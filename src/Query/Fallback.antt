-- ===== src/Query/Fallback.antt =====
-- The request in the old style, and the reader of an answer that deletes its query (api.go:
-- fallbackQuery, newQueryCloser, queryCloser).
--
-- `execute` is resty's: it makes a request and returns the raw response. `fallbackQuery` is what
-- `Proxy` calls `fallback`.
use cloud_sdk_go.Base.{
  ℕ, String, Bool, Option, List, [], ◌∷◌, take, drop, Dict, insert, Failure, Result, err,
  if◌then◌else◌,
}
use cloud_sdk_go.App.Linking.{Outcome, panics, returns}
use cloud_sdk_go.Query.Types.{Envelop, Response}
use cloud_sdk_go.Query.Defs.{no_client}

pub record DirectRequest : Type 0 where
  pub method : String
  pub url : String
  pub headers : Dict String
  pub body : List ℕ

-- The loop over the headers takes the first value of each: a header with none is an index out of
-- range.
unfoldable pub first_values : Dict (List String) → Dict String → Outcome (Dict String)
first_values [] headers = returns headers
first_values ((name, []) ∷ rest) headers = panics
first_values ((name, value ∷ values) ∷ rest) headers = first_values rest (insert name value headers)

abbrev pub style_header : String
style_header = "X-Api-Proxy-Communication-Style"

abbrev send_direct :
    (DirectRequest → Result Response)
    → Envelop
    → List ℕ
    → Outcome (Dict String)
    → Outcome (Result Response)
send_direct execute r payload panics = panics
send_direct execute r payload (returns headers) = returns (
    execute (record {
      method = r.method;
      url = r.url;
      headers = insert style_header "sync" headers;
      body = payload;
    }))

unfoldable pub fallback_query :
    Bool → (DirectRequest → Result Response) → Envelop → List ℕ → Outcome (Result Response)
unfolding first_values
fallback_query has_client execute r payload =
    let sent = send_direct execute r payload (first_values r.headers []) in
    if has_client then sent else returns (err no_client)

-- The body of an answer: what its reader has left.
pub record QueryCloser : Type 0 where
  pub query_id : String
  pub left : List ℕ

unfoldable pub read_closer : ℕ → QueryCloser → QueryCloser × List ℕ
read_closer n q = (record q { left = drop n q.left }, take n q.left)

-- `Close`: the request that deletes the query, and its error. Without a client for the region the
-- call panics; there was one when the query was made.
unfoldable pub close_closer :
    Bool → (String → Option Failure) → QueryCloser → Outcome (String × Option Failure)
close_closer has_client delete q =
    if has_client then returns (q.query_id, delete q.query_id) else panics
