-- ===== src/Query/Headers.antt =====
-- Which headers the request in the old style has.
use cloud_sdk_go.Base.{
  ◌≡◌, ap, ◌∙◌, String, Option, some, List, [], ◌∷◌, arith, Dict, lookup, insert, lookup-insert,
  str_eq, if◌then◌else◌,
}
use cloud_sdk_go.App.Linking.{returns}
use cloud_sdk_go.Query.Fallback.{first_values}

-- The value that a header is sent with: the first of the last entry of its name, or what was set.
abbrev pub sent_value : String → Dict (List String) → Option String → Option String
sent_value name [] before = before
sent_value name ((other, []) ∷ rest) before = sent_value name rest before
sent_value name ((other, value ∷ values) ∷ rest) before =
    sent_value name rest (if str_eq other name then some value else before)

-- If no panic stops the loop over the headers, each header is sent with its first value only, and
-- a header that the request does not have is not added.
pub first_values-lookup :
    (name : String) (headers : Dict (List String)) (before after : Dict String)
    → first_values headers before ≡ returns after
    → lookup name after ≡ sent_value name headers (lookup name before)
unfolding first_values
first_values-lookup name [] before after e = ground arith
first_values-lookup name ((other, []) ∷ rest) before after e = absurd (ground arith)
first_values-lookup name ((other, value ∷ values) ∷ rest) before after e =
    first_values-lookup name rest (insert other value before) after e
    ∙ ap (sent_value name rest) (lookup-insert name other value before)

* * * * *

Please show all lines from the entries that contain the word "each".

### Solution
-- The loop over the headers takes the first value of each: a header with none is an index out of
-- If no panic stops the loop over the headers, each header is sent with its first value only, and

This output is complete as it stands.